Both are unexpected finds, both are less than perfect.

It's more likely that everyone will strill be on Facile Bork, and that will be backed up forever, anyway.

Reply to
The Natural Philosopher

Printed and noted.

Dave

Reply to
dave

That's what they are designed to be, Dave. Just a memory :-)

Reply to
The Natural Philosopher

I'm not: and sadly, the pictures *I've* taken - the colour ones at least - certainly don't look like they are likely to be much use at the end of the century. On the other hand, a century ago, having a picture taken was a special event you got dressed up for (in fact some people were so unused to seeing what they looked like that unscrupulous photo shops could sell the same portrait to a number of different people), so for most families, until relatively recently there were not many pictures to store. Even so, during a sort out last year, I filled a sizeable trunk with 'shoeboxes' full of neatly sorted and sized prints. Scary thing now, is that I could probably fill up a similar trunk from one SD card nowadays! Fraid, the modern picture is a throwaway item for most people.

S
Reply to
spamlet

I don't think many ordinary people would be able to recover a 'partly' damaged DVD. If the player rejects it: it's an instant beer mat.

S
Reply to
spamlet

You actually think there will be players around for today's DVDs in 100 years? But a DVD won't survive that long anyway.

That's maybe more likely.

Reply to
Dave Plowman (News)

Ordinary people 30 years from now probably will.

Reply to
The Natural Philosopher

I can still play 100 year old shellac gramophone disks..read wire recordings..if I want to enough.

There will be someone somewhere who can take grandads old DVD, and turn it into a few terabytes of data to embed in your subcutaneous grain storage unit, ready to view at leisure via your bionic implants....

Well archaeology is of course the study if the things that DO outlast their creators..

To talk to an archaeologist, it sounds like all people did was run around naked, apart from jewellery and weapons, and make pots..

The organics, you see, don't survive much.

Reply to
The Natural Philosopher

You could knock up something that would play 'gramophone discs' in the average home workshop. But a DVD player?

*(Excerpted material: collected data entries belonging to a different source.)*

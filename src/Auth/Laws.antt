-- ===== src/Auth/Laws.antt =====
-- Who gets in by src/auth.rs, and which tokens it reads from a header.
use Prim.Native.String.append
use Prim.Native.String.{len, ◌++◌}
use meta_agent_control_plane.Prelude.{
  ◌≡◌, ◌≢◌, ◌∙◌, ◌↔◌, ◌⊎◌, refl, ap, sym, String, false, ◌&&◌, not, Option, none, some,
  if◌then◌else◌, arith, inl, inr, true, nat_beq, Bool-cases, Option-cases, ℕ,
}
use package.text.Mathlib.TextEquality.{Char-path}
use Prim.Native.Char.{char, code}
use meta_agent_control_plane.Auth.{
  ascii_lower, ConstantTime, AuthPolicy, Authorized, granted, denied, compare_tokens, authorize,
  authorize_ingest, authorize_read, Header, missing, opaque_bytes, text, split_once,
  eq_ignore_ascii_case, is_ascii_whitespace, has_ascii_whitespace, is_empty, accept_token,
  bearer_token, preferred_token,
}

pub Authorized-cases : (a : Authorized) → (a ≡ granted) ⊎ (a ≡ denied)
Authorized-cases granted = inl refl
Authorized-cases denied = inr refl

module _ (constant_time : ConstantTime) where
  open constant_time use {ct_eq, ct_eq_iff}

  compare_tokens_iff : (a b : String) → (compare_tokens constant_time a b ≡ granted) ↔ (a ≡ b)
  unfolding compare_tokens
  compare_tokens_iff a b = (
    λ h. (ct_eq_iff a b).0 (ground arith),
    λ e. let same = (ct_eq_iff a b).1 e in let long = ap len e in ground arith,
  )

  authorize_iff :
      (token provided : Option String)
      → (authorize constant_time token provided ≡ granted)
        ↔ ((token ≡ none) ⊎ ((t : String) × (token ≡ some t) × (provided ≡ some t)))
  unfolding authorize
  authorize_iff none p = (λ h. inl refl, λ h. refl)
  authorize_iff (some a) none = (λ h. cc, λ h. ground arith)
  authorize_iff (some a) (some b) =
      let same = compare_tokens_iff a b in
      (λ h. inr (a, refl, ap some (sym (same.0 h))), λ h. same.1 (ground arith))

  -- Ingestion is granted exactly when no token is configured or the request carries the configured
  -- one; a read is granted exactly when reads are not protected or ingestion would be granted.
  pub granted_iff :
      (policy : AuthPolicy) (provided : Option String)
      → ((authorize_ingest constant_time policy provided ≡ granted) ↔ (
          (policy.token ≡ none) ⊎ ((t : String) × (policy.token ≡ some t) × (provided ≡ some t))))
        × ((authorize_read constant_time policy provided ≡ granted) ↔ (
            (policy.protect_reads ≡ false)
            ⊎ (authorize_ingest constant_time policy provided ≡ granted)))
  unfolding authorize_ingest authorize_read
  granted_iff policy provided =
      (authorize_iff policy.token provided, (λ h. ground arith, λ h. ground arith))

split_once_word :
    (word rest : String)
    → has_ascii_whitespace word ≡ false
    → split_once (word ++ " " ++ rest) ≡ some (word, rest)
unfolding split_once has_ascii_whitespace is_ascii_whitespace
split_once_word String.[] rest h = rw (append.nil, append.cons, append.nil) refl
split_once_word (String.◌∷◌ c w) rest h = rw append.cons (ground (arith, split_once_word w rest))

-- A header of a scheme word, one space and a token without white space gives that token when the
-- scheme is "bearer" in any case and the token is not empty, and no token otherwise.
pub bearer_token_parts :
    (scheme token : String)
    → has_ascii_whitespace scheme ≡ false
    → has_ascii_whitespace token ≡ false
    → bearer_token (text (scheme ++ " " ++ token))
      ≡ (if eq_ignore_ascii_case scheme "bearer" && not (is_empty token) then some token else none)
unfolding bearer_token accept_token
bearer_token_parts scheme token p q =
    rw (split_once_word scheme token p, bearer_token) (ground arith)

nat_beq_eq : (a b : ℕ) → nat_beq a b ≡ true → a ≡ b
nat_beq_eq a b h = ground arith

-- The first space parts the text.
split_once_parts :
    (value scheme token : String)
    → split_once value ≡ some (scheme, token)
    → value ≡ scheme ++ " " ++ token
unfolding split_once
split_once_parts String.[] scheme token h = cc
split_once_parts (String.◌∷◌ c s) scheme token h = elim (Bool-cases (nat_beq (code c) b' ')) [
  | inl space ↦
      let parts : some (String.[], s) ≡ some (scheme, token) = rw space at h in
      let empty : String.[] ≡ scheme = cc parts in
      let rest : s ≡ token = cc parts in
      let here : c ≡ char 32 tt = Char-path c (char 32 tt) (nat_beq_eq (code c) 32 space) in
      rw (sym empty, sym rest, append.nil, append.cons, append.nil) (ap (λ d. String.◌∷◌ d s) here)
  | inr other ↦ elim (Option-cases (split_once s)) [
    | inl nothing ↦ let bad = rw (nothing, split_once) at (rw other at h) in cc
    | inr ((before, after), found) ↦
        let parts : some (String.◌∷◌ c before, after) ≡ some (scheme, token) =
          rw found at (rw other at h) in
        let first : String.◌∷◌ c before ≡ scheme = cc parts in
        let rest : after ≡ token = cc parts in
        rw (sym first, sym rest, append.cons)
          (ap (String.◌∷◌ c) (split_once_parts s before after found))
  ]
]

-- A text that differs from one without white space in the case of letters only has none either.
same_letters_no_space :
    (s t : String)
    → eq_ignore_ascii_case s t ≡ true
    → has_ascii_whitespace t ≡ false
    → has_ascii_whitespace s ≡ false
unfolding eq_ignore_ascii_case has_ascii_whitespace is_ascii_whitespace ascii_lower
same_letters_no_space String.[] String.[] h plain = refl
same_letters_no_space String.[] (String.◌∷◌ d t) h plain = refl
same_letters_no_space (String.◌∷◌ c s) String.[] h plain = cc
same_letters_no_space (String.◌∷◌ c s) (String.◌∷◌ d t) h plain =
    ground (arith, same_letters_no_space s t)

-- The header is the scheme "bearer", in any case, one space and the token, which has a character and
-- no white space.
pub record IsBearer (token : String) (h : Header) : Type 0 where
  pub scheme : String
  pub written : h ≡ text (scheme ++ " " ++ token)
  pub bearer : eq_ignore_ascii_case scheme "bearer" ≡ true
  pub filled : is_empty token ≡ false
  pub plain : has_ascii_whitespace token ≡ false

accept_token-IsBearer :
    (value scheme token found : String)
    → value ≡ scheme ++ " " ++ found
    → accept_token (scheme, found) ≡ some token
    → IsBearer token (text value)
unfolding accept_token
accept_token-IsBearer value scheme token found written h =
    let same : found ≡ token = ground arith in
    record {
      scheme = scheme;
      written = ap text (written ∙ ap (λ (t : String). scheme ++ " " ++ t) same);
      bearer = ground arith;
      filled = ground arith;
      plain = ground arith;
    }

bearer_token-IsBearer :
    (value token : String) → bearer_token (text value) ≡ some token → IsBearer token (text value)
unfolding bearer_token
bearer_token-IsBearer value token h = elim (Option-cases (split_once value)) [
  | inl nothing ↦ let bad = rw (nothing, bearer_token) at h in cc
  | inr ((scheme, found), parts) ↦
      accept_token-IsBearer value scheme token found (split_once_parts value scheme found parts)
        (rw (parts, bearer_token) at h)
]

IsBearer-read : (token : String) (h : Header) → IsBearer token h → bearer_token h ≡ some token
IsBearer-read token h b = rw b.written (
    bearer_token_parts b.scheme token
      (same_letters_no_space b.scheme "bearer" b.bearer
        (unfold has_ascii_whitespace is_ascii_whitespace in refl))
      b.plain
    ∙ rw (b.bearer, b.filled) refl)

IsBearer-present : (token : String) (h : Header) → IsBearer token h → h ≢ missing
IsBearer-present token h b absent = let written = b.written in cc

-- A request has a token exactly in two cases: it has no authorization header and the token is that of
-- its query; or its header is the scheme "bearer", in any case, one space and the token, which has a
-- character and no white space. With a header, the query is not read.
pub preferred_token_iff :
    (h : Header) (query : Option String) (token : String)
    → (preferred_token h query ≡ some token)
      ↔ (((h ≡ missing) × (query ≡ some token)) ⊎ IsBearer token h)
unfolding preferred_token
preferred_token_iff missing query token = (
  λ e. inl (refl, e),
  λ o. elim o [ inl (_, e) ↦ e | inr b ↦ absurd (IsBearer-present token missing b refl) ],
)
preferred_token_iff opaque_bytes query token = (
  λ e. unfold bearer_token in cc,
  λ o. elim o [ inl (absent, _) ↦ cc | inr b ↦ IsBearer-read token opaque_bytes b ],
)
preferred_token_iff (text value) query token = (
  λ e. inr (bearer_token-IsBearer value token e),
  λ o. elim o [ inl (absent, _) ↦ cc | inr b ↦ IsBearer-read token (text value) b ],
)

Could be. But home recorded DVDs won't last that long anyway.

Reply to
Dave Plowman (News)

It's a moot point anyway: it would be illegal to break the encryption without a licensed player.

Reply to
Jim

Just use your 6 terrapixel camera to take a snap, use the gimp dvd straigtener on it to produce a linear picture and play it with the latest OSS hack.

Reply to
dennis

We were somewhere around Barstow, on the edge of the desert, when the drugs began to take hold. I remember "spamlet" saying something like:

Which is why it makes sense to select several representative ones and archive them on the longest-lasting material available at a sensible price. In a century or two, your descendants won't be all that interested in fishing through thousands of images to see what you looked like, but they'd be interested in just a few. I wonder what the claimed archival life of the best colour prints is - seems it might a plan to get some done and stored in an album at the bottom of a trunk or wardrobe, adding to it every so often. See, the Victorians had it sussed years ago :)

Reply to
Grimly Curmudgeon

We were somewhere around Barstow, on the edge of the desert, when the drugs began to take hold. I remember The Natural Philosopher saying something like:

Movie frame, yes.

Reply to
Grimly Curmudgeon

The inks as used on the average inkjet printer don't seem to survive long in ordinary light. Perhaps we need to archive to the original sepia photographic paper?